# croccust sled base



## prodesigner (Nov 4, 2011)

I want to build a crosscut sled for my table saw. I just added the Delta T3 rip fence to my 43 year old Craftsman 10 inch saw, yes I bought it new in 1973. Now I looking to improve things even more now that I am retired and have a more time for my shop.

My question is about the sled base. What is the consensus on the material to use? I have seen plywood, MDF hardboard and tempered hardboard. I have seen 1/4, 1/2 and 3/4. I like the thinner material because it gives more depth of cut but need your opinions and experiences.

Thanks for the input


----------



## HokieKen (Apr 14, 2015)

Any of the materials you mention will work. Thickness depends on the material and the size of the sled. Keeping as much cut depth is nice, but rigidity is necessary to get consistent results. My sled is 1/2" MDF with Formica laminated on both sides and 1/8" hardboard topper to allow me to adjust for zero clearance with different blades and bevel angles.
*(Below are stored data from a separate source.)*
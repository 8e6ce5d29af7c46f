-- ===== src/Gc/Roots.antt =====
-- `gc_mark_roots`: the roots are reached, and the tracing can start.
use lulu.Prelude.{
  ℕ, ◌≡◌, refl, sym, ap, ◌∙◌, ◌≢◌, inl, inr, true, false, not, Option, none, some, List, [], ◌∷◌,
  ◌++◌, map, arith, Bool-cases,
}
use lulu.Gc.{
  State, marking, tracing, Mark, is_gray, Body, Global, ◌>>=◌, mark_at, gc_mark_value, closed_value,
}
use lulu.Gc.Marking.{
  has, is_string, is_upvalue, seen_at, seen_value, IsLast, IsShape, IsMarking, Grows, Marks,
}
use lulu.Gc.Blacken.{
  references, AllSeen, AllSeen-Grows, AllSeen-append, Marks-bind, Marks-map, is_plain, AllPlain,
  AllUpvalues, Fits, Fits-Grows, gc_mark_value-Marks, gc_mark_array-Marks, mark_objects-Marks,
}
use lulu.Gc.Closures.{PlainUpvalues, blacken_upvalues-Marks}
use lulu.Gc.Objects.{upvalue-AllSeen}
use lulu.Gc.Collect.{Roots, gc_mark_roots}
use lulu.Gc.Tracing.{IsTracing, both_gray, AllSeen-mono}
use lulu.Gc.Reach.{seen_gray}

abbrev pub root_values : Roots → List (Option ℕ)
root_values r =
    r.stack
    ++ (map some r.frames
        ++ (map some r.open_upvalues ++ (r.mt_basic ++ r.registry ∷ r.globals ∷ [])))

-- a heap at rest: no object is marked, and the gray list is empty
pub record IsPaused (bodies : ℕ → Body) (g : Global) : Type 0 where
  pub fits : Fits bodies g
  pub white : (a : ℕ) → (mark_at g a).white ≡ true
  pub not_black : (a : ℕ) → (mark_at g a).black ≡ false
  pub gray : g.gray ≡ []
  pub gray_tail : g.gray_tail ≡ none

-- the roots are objects of the right kinds, and the registry and the globals are two of them
pub record IsRooted (bodies : ℕ → Body) (r : Roots) : Type 0 where
  pub stack : AllPlain bodies r.stack
  pub frames : AllPlain bodies (map some r.frames)
  pub open_upvalues : AllUpvalues bodies (map some r.open_upvalues)
  pub mt_basic : AllPlain bodies r.mt_basic
  pub registry_at : ℕ
  pub globals_at : ℕ
  pub registry : r.registry ≡ some registry_at
  pub globals : r.globals ≡ some globals_at
  pub differ : registry_at ≢ globals_at
  pub registry_object :
      (is_string (bodies registry_at) ≡ false) × (is_upvalue (bodies registry_at) ≡ false)
  pub globals_object :
      (is_string (bodies globals_at) ≡ false) × (is_upvalue (bodies globals_at) ≡ false)

abbrev pub start_marking : Global → Global
start_marking g = record g { gc_state = marking }

white_not_gray : (m : Mark) → m.white ≡ true → is_gray m ≡ false
unfolding is_gray
white_not_gray m w = ground arith

-- a list of roots is marked, then the others
next :
    (bodies : ℕ → Body) (g : Global) (vs ws : List (Option ℕ)) (r : Option Global)
    (f : Global → Option Global)
    → Fits bodies g
    → IsMarking g
    → (Fits bodies g → IsMarking g → Marks g (λ h. AllSeen h vs) r)
    → ((h : Global) → Fits bodies h → IsMarking h → Marks h (λ i. AllSeen i ws) (f h))
    → Marks g (λ h. AllSeen h (vs ++ ws)) (r >>= f)
next bodies g vs ws r f fits m now later = Marks-bind _ r f (now fits m) (λ h grows kept s.
    Marks-map (later h (Fits-Grows bodies fits grows) kept)
      (λ i grows' t. AllSeen-append i vs ws (AllSeen-Grows vs grows' s) t))

module _ (bodies : ℕ → Body) (g : Global) where
  pub paused-IsMarking : IsPaused bodies g → IsMarking (start_marking g)
  unfolding is_gray
  paused-IsMarking p = record {
    listed = λ a k n. absurd (cc (white_not_gray (mark_at g a) (p.white a), k));
    members = λ a k. absurd (cc (ap (λ l. has l a) p.gray, k));
    strings = λ a s. p.not_black a;
    shape = rw (p.gray, p.gray_tail) refl;
    distinct = rw p.gray tt;
    linked = λ a k. absurd (cc (ap (λ l. has l a) p.gray, k));
    clean = λ a w u. p.not_black a;
  }

  two_Marks :
      (h : Global) (v w : Option ℕ)
      → Fits bodies h
      → IsMarking h
      → is_plain bodies v ≡ true
      → is_plain bodies w ≡ true
      → Marks h (λ i. AllSeen i (v ∷ w ∷ [])) (gc_mark_value h v >>= (λ i. gc_mark_value i w))
  two_Marks h v w f m p q =
      next bodies h (v ∷ []) (w ∷ []) _ _ f m
        (λ f m. Marks-map (gc_mark_value-Marks bodies h v f m p) (λ i grows s. (s, tt)))
        (λ h f m. Marks-map (gc_mark_value-Marks bodies h w f m q) (λ i grows s. (s, tt)))

  -- Every root is reached.
  pub gc_mark_roots-Marks :
      (r : Roots)
      → IsPaused bodies g
      → PlainUpvalues bodies
      → IsRooted bodies r
      → Marks (start_marking g) (λ h. AllSeen h (root_values r)) (gc_mark_roots g r)
  unfolding gc_mark_roots
  gc_mark_roots-Marks r p plain k =
      next bodies (start_marking g) r.stack _ _ _ p.fits (paused-IsMarking p)
        (λ f m. gc_mark_array-Marks bodies (start_marking g) r.stack f m k.stack)
        (λ h f m.
          next bodies h (map some r.frames) _ _ _ f m
            (λ f m. mark_objects-Marks bodies h r.frames f m k.frames)
            (λ h f m.
              next bodies h (map some r.open_upvalues) _ _ _ f m
                (λ f m.
                  blacken_upvalues-Marks bodies h (map some r.open_upvalues) f m plain
                    k.open_upvalues)
                (λ h f m.
                  next bodies h r.mt_basic _ _ _ f m
                    (λ f m. gc_mark_array-Marks bodies h r.mt_basic f m k.mt_basic)
                    (λ h f m.
                      two_Marks h r.registry r.globals f m
                        (ap (is_plain bodies) k.registry ∙ ap not k.registry_object.1)
                        (ap (is_plain bodies) k.globals ∙ ap not k.globals_object.1)))))

two_members :
    (gray : List ℕ) (t : Option ℕ) (a b : ℕ)
    → has gray a ≡ true
    → has gray b ≡ true
    → a ≢ b
    → IsShape marking gray t
    → IsLast gray t
two_members [] t a b p q n s = absurd (cc p)
two_members (c ∷ []) t a b p q n s = absurd (n (ground arith))
two_members (c ∷ d ∷ more) t a b p q n s = s

marking-IsLast :
    (st : State) (gray : List ℕ) (t : Option ℕ) (a b : ℕ)
    → st ≡ marking
    → has gray a ≡ true
    → has gray b ≡ true
    → a ≢ b
    → IsShape st gray t
    → IsLast gray t
marking-IsLast marking gray t a b e p q n s = two_members gray t a b p q n s
marking-IsLast _ gray t a b e p q n s = absurd (cc e)

AllSeen-right : (g : Global) (vs ws : List (Option ℕ)) → AllSeen g (vs ++ ws) → AllSeen g ws
AllSeen-right g [] ws s = s
AllSeen-right g (v ∷ vs) ws (_, s) = AllSeen-right g vs ws s

pub root_values-two :
    (g : Global) (r : Roots)
    → AllSeen g (root_values r)
    → (seen_value g r.registry ≡ true) × (seen_value g r.globals ≡ true)
root_values-two g r s =
    let (a, (b, _)) = AllSeen-right g r.mt_basic _ (
      AllSeen-right g (map some r.open_upvalues) _
        (AllSeen-right g (map some r.frames) _ (AllSeen-right g r.stack _ s))) in
    (a, b)

module _ (bodies : ℕ → Body) (g h : Global) (p : IsPaused bodies g)
    (grows : Grows (start_marking g) h) (m : IsMarking h) where
  -- only upvalues are black before the tracing
  early_black :
      (a : ℕ)
      → (mark_at h a).black ≡ true
      → (is_upvalue (bodies a) ≡ true) × AllSeen h (references (bodies a))
  early_black a k = elim (grows.news a k) [
    | inl old ↦ absurd (cc (p.not_black a, old))
    | inr (u, s) ↦
        let u' : is_upvalue (bodies a) ≡ true = ap is_upvalue (sym (p.fits a)) ∙ u in
        (
          u',
          upvalue-AllSeen h (bodies a) u'
              (ap (λ b. seen_value h (closed_value b)) (sym (p.fits a)) ∙ s),
        )
  ]

  pub early-Fits : Fits bodies h
  early-Fits a = grows.bodies a ∙ p.fits a

  plain_not_black : (a : ℕ) → is_upvalue (bodies a) ≡ false → (mark_at h a).black ≡ false
  plain_not_black a u = elim (Bool-cases (mark_at h a).black) [
    | inl k ↦ absurd (cc ((early_black a k).0, u))
    | inr n ↦ n
  ]

  -- a reached object is on the gray list
  pub root_listed :
      (a : ℕ)
      → seen_at h a ≡ true
      → (is_string (bodies a) ≡ false) × (is_upvalue (bodies a) ≡ false)
      → has h.gray a ≡ true
  root_listed a s (n, u) =
      m.listed a (seen_gray (mark_at h a) s (plain_not_black a u)) (ap is_string (early-Fits a) ∙ n)

  pub start-IsTracing :
      (a b : ℕ)
      → has h.gray a ≡ true
      → has h.gray b ≡ true
      → a ≢ b
      → IsTracing bodies (record h { gc_state = tracing })
  start-IsTracing a b x y n = record {
    fits = early-Fits;
    state = refl;
    listed = λ c k s. m.listed c k (ap is_string (early-Fits c) ∙ s);
    grays = λ c k.
        both_gray (mark_at h c) (m.members c k)
          (plain_not_black c (ap is_upvalue (sym (early-Fits c)) ∙ (m.linked c k).1));
    linked = λ c k. (
      ap is_string (sym (early-Fits c)) ∙ (m.linked c k).0,
      ap is_upvalue (sym (early-Fits c)) ∙ (m.linked c k).1,
    );
    distinct = m.distinct;
    last = λ _. marking-IsLast h.gc_state h.gray h.gray_tail a b grows.state x y n m.shape;
    strings = λ c s. m.strings c (ap is_string (early-Fits c) ∙ s);
    clean = λ c w u. plain_not_black c u;
    reached = λ c k.
        AllSeen-mono h (record h { gc_state = tracing }) (references (bodies c)) (λ d s. s)
          (early_black c k).1;
  }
Just make sure you select a stable material (MDF or Baltic Birch Ply are my preferences) and make sure it's thick enough that it won't flex (1/2 works great for me, 1/4 would be way too thin IMHO) and you'll be in good shape.


----------



## rubber_ducky (Dec 30, 2015)

I think that the thickness will depend on whether or not you're planning on adding t-tracks to your base. If not, 1/2" is sufficient. The type of material depends on what you're comfortable with. I don't like all of the [nasty] dust from MDF, so I use BB ply. Laminated particleboard is another option.


----------